We now turn our attention to those creatures which belong to light, air and dry warmth, and it is here that we first find ourselves in the living region of colours. Here, in exquisitely organised parts, the elementary colours present themselves in their greatest purity and beauty. They indicate, however, that the creatures they adorn, are still low in the scale of organisation, precisely because these colours can thus appear, as it were, unwrought. Here, too, heat seems to contribute much to their development.
We find insects which may be considered altogether as concentrated colouring matter; among these, the cochineals especially are celebrated; with regard to these we observe that their mode of settling on vegetables, and even nestling in them, at the same time produces those excrescences which are so useful as mordants in fixing colours.
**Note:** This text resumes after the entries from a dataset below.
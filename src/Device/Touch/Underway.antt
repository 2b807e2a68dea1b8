-- ===== src/Device/Touch/Underway.antt =====
-- A start that is under way or has failed, while nothing disturbs it.
use mathlib.Core.Path.{subst}
use mercury_farm.Base.{
  ℕ, ◌≡◌, refl, sym, Bool, true, false, not, ◌&&◌, Option, some, List, [], ◌∷◌, arith, ◌==◌,
  if◌then◌else◌, if-cases, ◌⊎◌, inl, inr,
}
use mercury_farm.Util.StateQueue.Unique.{All-push}
use mercury_farm.Device.Touch.{
  desire, Step, starts, stops, configures, touches, stream_ends, immediate, recovers, restart_stops,
  destroys, restarted, destroy, service_starts, connects, banner_arrives, start_breaks,
  failing_ends, stopping_ends, is_at, is_starting, step, run,
}
use mercury_farm.Device.Touch.State.{
  Op, service, connecting, reading_banner, ending, failing, Consumer, state_stopped, queue_write,
}
use mercury_farm.Device.Touch.Stays.{IsStopped, is_start, step-IsStopped}
use mercury_farm.Device.Touch.Failing.{
  Awaits, failed_start-IsStopped, locked-Awaits, queue_at-Awaits,
}

-- a test of what is under way that a start which goes on or fails keeps
pub record Keeps (f : Option Op → Bool) : Type 0 where
  pub of_service :
      (o : Option Op) → f o ≡ true → is_at service o ≡ true → f (some connecting) ≡ true
  pub of_connecting :
      (o : Option Op) → f o ≡ true → is_at connecting o ≡ true → f (some reading_banner) ≡ true
  pub of_failing : (c : Bool) → f (some (failing c)) ≡ true
  pub of_ending : (o : Option Op) → f o ≡ true → is_at ending o ≡ false

abbrev pub is_disturbing : Step → Bool
is_disturbing configures = true
is_disturbing (stream_ends now) = true
is_disturbing (banner_arrives b) = true
is_disturbing _ = false

-- no other start, no recovery, no change of the configuration, no end of a stream and no banner
abbrev pub is_calm : Step → Bool
is_calm t = not (is_start t) && not (is_disturbing t)

abbrev pub are_calm : List Step → Bool
are_calm [] = true
are_calm (t ∷ steps) = is_calm t && are_calm steps

-- it awaits, or the consumer is stopped
abbrev pub Phase : (Option Op → Bool) → Consumer → Type 0
Phase f s = Awaits f s ⊎ IsStopped s

module _ (f : Option Op → Bool) (k : Keeps f) (s : Consumer) (i : Awaits f s) where
  step-Awaits : (t : Step) → is_calm t ≡ true → Phase f (step t s)
  unfolding step desire queue_write destroy
  step-Awaits starts c = cc
  step-Awaits stops c = inl (
      locked-Awaits f _ (record {
        of_op = i.of_op;
        of_lock = i.of_lock;
        of_restarts = i.of_restarts;
        of_desired = All-push (λ d. d ≡ state_stopped) state_stopped s.desired refl i.of_desired;
      }))
  step-Awaits configures c = cc
  step-Awaits (touches w) c = inl (queue_at-Awaits f s.running w s i)
  step-Awaits (stream_ends now) c = cc
  step-Awaits immediate c =
      if-cases (Phase f) (s.immediates == 0) (λ _. inl i)
        (λ _. inl (
          locked-Awaits f _ (record {
            of_op = i.of_op;
            of_lock = i.of_lock;
            of_restarts = i.of_restarts;
            of_desired = i.of_desired;
          })))
  step-Awaits recovers c = cc
  step-Awaits restart_stops c =
      subst (λ (n : ℕ). Phase f (if n == 0 then s else restarted s)) (sym i.of_restarts) (inl i)
  step-Awaits Step.limit_stops c =
      if-cases (Phase f) (s.limit_stops == 0) (λ _. inl i)
        (λ _. inl (record {
          of_op = i.of_op;
          of_lock = i.of_lock;
          of_restarts = i.of_restarts;
          of_desired = i.of_desired;
        }))
  step-Awaits destroys c = inl (record {
    of_op = i.of_op;
    of_lock = i.of_lock;
    of_restarts = i.of_restarts;
    of_desired = i.of_desired;
  })
  step-Awaits service_starts c =
      if-cases (Phase f) (is_at service s.op)
        (λ h. inl (record {
          of_op = k.of_service s.op i.of_op h;
          of_lock = i.of_lock;
          of_restarts = i.of_restarts;
          of_desired = i.of_desired;
        }))
        (λ _. inl i)
  step-Awaits connects c =
      if-cases (Phase f) (is_at connecting s.op)
        (λ h. inl (record {
          of_op = k.of_connecting s.op i.of_op h;
          of_lock = i.of_lock;
          of_restarts = i.of_restarts;
          of_desired = i.of_desired;
        }))
        (λ _. inl i)
  step-Awaits (banner_arrives b) c = cc
  step-Awaits (start_breaks b) c =
      if-cases (Phase f) (is_starting s.op)
        (λ h. inl (record {
          of_op = k.of_failing b;
          of_lock = i.of_lock;
          of_restarts = i.of_restarts;
          of_desired = i.of_desired;
        }))
        (λ _. inl i)
  step-Awaits (failing_ends now) c =
      if-cases (Phase f) (is_at (failing true) s.op)
        (λ _. inr (failed_start-IsStopped f true now s i))
        (λ _.
          if-cases (Phase f) (is_at (failing false) s.op)
            (λ _. inr (failed_start-IsStopped f false now s i)) (λ _. inl i))
  step-Awaits stopping_ends c =
      if-cases (Phase f) (is_at ending s.op)
        (λ h. absurd (ground (arith, h, k.of_ending s.op i.of_op))) (λ _. inl i)

calm-is_start : (t : Step) → is_calm t ≡ true → is_start t ≡ false
calm-is_start t c = ground arith

pub step-Phase :
    (f : Option Op → Bool) (t : Step) (s : Consumer)
    → Keeps f
    → is_calm t ≡ true
    → Phase f s
    → Phase f (step t s)
step-Phase f t s k c (inl i) = step-Awaits f k s i t c
step-Phase f t s k c (inr i) = inr (step-IsStopped s i t (calm-is_start t c))

pub run-Phase :
    (f : Option Op → Bool) (steps : List Step) (s : Consumer)
    → Keeps f
    → are_calm steps ≡ true
    → Phase f s
    → Phase f (run steps s)
unfolding run
run-Phase f [] s k c i = i
run-Phase f (t ∷ steps) s k c i =
    run-Phase f steps (step t s) k (ground arith) (step-Phase f t s k (ground arith) i)
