-- ===== src/Device/Touch/Broken.antt =====
-- A start that fails.
use mathlib.Core.Path.{subst}
use mercury_farm.Base.{
  ℕ, ◌≡◌, refl, sym, ap, ◌∙◌, Bool, true, false, Option, none, some, List, [], ◌∷◌, ◌++◌, arith,
  if-cases, inl, inr, ◌||◌,
}
use mercury_farm.Util.StateQueue.{next, empty, push, cut_after}
use mercury_farm.Device.Touch.{
  start_state, ensured, ensure_state, desire, Step, starts, start_breaks, failing_ends, is_at,
  is_starting, step, run,
}
use mercury_farm.Device.Touch.State.{
  stopped, Op, service, connecting, reading_banner, ending, failing, Consumer,
}
use mercury_farm.Device.Touch.Stays.{IsStopped, step-IsStopped, no_start, run-IsStopped}
use mercury_farm.Device.Touch.Failing.{Awaits, failed_start-IsStopped}
use mercury_farm.Device.Touch.Underway.{Keeps, Phase, are_calm, run-Phase}

-- stopped, with nothing under way
pub record IsIdle (s : Consumer) : Type 0 where
  pub of_running : s.running ≡ stopped
  pub of_op : s.op ≡ none
  pub of_lock : s.lock ≡ false
  pub of_failed : s.failed ≡ false
  pub of_restarts : s.restarts ≡ 0
  pub of_desired : s.desired ≡ []

-- a start that goes on or has failed, and one that has failed
abbrev is_failing : Option Op → Bool
is_failing o = is_at (failing true) o || is_at (failing false) o

abbrev is_pending : Option Op → Bool
is_pending o = is_starting o || is_failing o

failing_at : (c : Bool) → is_failing (some (failing c)) ≡ true
failing_at true = refl
failing_at false = refl

pending_at : (c : Bool) → is_pending (some (failing c)) ≡ true
pending_at true = refl
pending_at false = refl

not_pending : (o : Option Op) → is_pending o ≡ true → is_at ending o ≡ false
not_pending none p = refl
not_pending (some service) p = refl
not_pending (some connecting) p = refl
not_pending (some reading_banner) p = refl
not_pending (some ending) p = cc
not_pending (some (failing true)) p = refl
not_pending (some (failing false)) p = refl

not_ending : (o : Option Op) → is_failing o ≡ true → is_at ending o ≡ false
not_ending o p = not_pending o (ground (arith, p))

not_starting :
    (o : Option Op)
    → is_failing o ≡ true
    → is_at service o ≡ true
    → is_failing (some connecting) ≡ true
not_starting none p h = cc
not_starting (some service) p h = cc
not_starting (some connecting) p h = cc
not_starting (some reading_banner) p h = cc
not_starting (some ending) p h = cc
not_starting (some (failing true)) p h = cc
not_starting (some (failing false)) p h = cc

not_connecting :
    (o : Option Op)
    → is_failing o ≡ true
    → is_at connecting o ≡ true
    → is_failing (some reading_banner) ≡ true
not_connecting none p h = cc
not_connecting (some service) p h = cc
not_connecting (some connecting) p h = cc
not_connecting (some reading_banner) p h = cc
not_connecting (some ending) p h = cc
not_connecting (some (failing true)) p h = cc
not_connecting (some (failing false)) p h = cc

pending-Keeps : Keeps is_pending
pending-Keeps = record {
  of_service = λ o p h. refl;
  of_connecting = λ o p h. refl;
  of_failing = pending_at;
  of_ending = not_pending;
}

failing-Keeps : Keeps is_failing
failing-Keeps = record {
  of_service = not_starting;
  of_connecting = not_connecting;
  of_failing = failing_at;
  of_ending = not_ending;
}

starts-Awaits : (s : Consumer) → IsIdle s → Awaits is_pending (step starts s)
unfolding step desire push cut_after ensure_state empty ensured start_state next
starts-Awaits s i =
    let same : s
        ≡ record s { running = stopped; op = none; lock = false; failed = false; desired = [] } =
      (λ k. record s {
        running = i.of_running k;
        op = i.of_op k;
        lock = i.of_lock k;
        failed = i.of_failed k;
        desired = i.of_desired k;
      }) in
    subst (λ (t : Consumer). Awaits is_pending (step starts t)) (sym same)
      (record { of_op = refl; of_lock = refl; of_restarts = i.of_restarts; of_desired = tt })

breaks-Phase :
    (c : Bool) (s : Consumer) → Phase is_pending s → Phase is_failing (step (start_breaks c) s)
unfolding step
breaks-Phase c s (inl i) =
    if-cases (Phase is_failing) (is_starting s.op)
      (λ _. inl (record {
        of_op = failing_at c;
        of_lock = i.of_lock;
        of_restarts = i.of_restarts;
        of_desired = i.of_desired;
      }))
      (λ n. inl (record {
        of_op = ground (arith, n, i.of_op);
        of_lock = i.of_lock;
        of_restarts = i.of_restarts;
        of_desired = i.of_desired;
      }))
breaks-Phase c s (inr i) = inr (step-IsStopped s i (start_breaks c) refl)

ends-IsStopped :
    (now : ℕ) (s : Consumer) → Phase is_failing s → IsStopped (step (failing_ends now) s)
unfolding step
ends-IsStopped now s (inl i) =
    if-cases IsStopped (is_at (failing true) s.op)
      (λ _. failed_start-IsStopped is_failing true now s i)
      (λ n.
        if-cases IsStopped (is_at (failing false) s.op)
          (λ _. failed_start-IsStopped is_failing false now s i)
          (λ m. absurd (ground (arith, n, m, i.of_op))))
ends-IsStopped now s (inr i) = step-IsStopped s i (failing_ends now) refl

run-append : (a b : List Step) (s : Consumer) → run (a ++ b) s ≡ run b (run a s)
unfolding run
run-append [] b s = refl
run-append (t ∷ a) b s = run-append a b (step t s)

-- A start of an idle consumer that fails before its banner is read, if until that failure is dealt
-- with no other start is asked for, no recovery comes, no stream ends and the configuration does
-- not change: it leaves the consumer stopped, and so it stays whatever follows, apart from another
-- start or a recovery.
pub broken_start-is_final :
    (s : Consumer) (before : List Step) (c : Bool) (between : List Step) (now : ℕ)
    (after : List Step)
    → IsIdle s
    → are_calm before ≡ true
    → are_calm between ≡ true
    → no_start after ≡ true
    → (run (starts ∷ before ++ start_breaks c ∷ between ++ failing_ends now ∷ after) s).running
      ≡ stopped
unfolding run
broken_start-is_final s before c between now after i p q n =
    let begun = run-Phase is_pending before _ pending-Keeps p (inl (starts-Awaits s i)) in
    let broken = run-Phase is_failing between _ failing-Keeps q (breaks-Phase c _ begun) in
    ap (λ (t : Consumer). t.running)
      (run-append (starts ∷ before ++ start_breaks c ∷ between) (failing_ends now ∷ after) s
        ∙ ap (run (failing_ends now ∷ after))
            (run-append (starts ∷ before) (start_breaks c ∷ between) s))
    ∙ (run-IsStopped after _ n (ends-IsStopped now _ broken)).of_running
But the power of colour, accompanied by regular organisation, exhibits itself in the most striking manner in those insects which require a perfect metamorphosis for their development—in scarabæ, and especially in butterflies.
These last, which might be called true productions of light and air, often exhibit the most beautiful colours, even in their chrysalis state, indicating the future colours of the butterfly; a consideration which, if pursued further hereafter, must undoubtedly afford a satisfactory insight into many a secret of organised being.
If, again, we examine the wings of the butterfly more accurately, and in its net-like web discover the rudiments of an arm, and observe further the mode in which this, as it were, flattened arm is covered with tender plumage and constituted an organ of flying; we believe we recognise a law according to which the great variety of tints is regulated. This will be a subject for further investigation hereafter.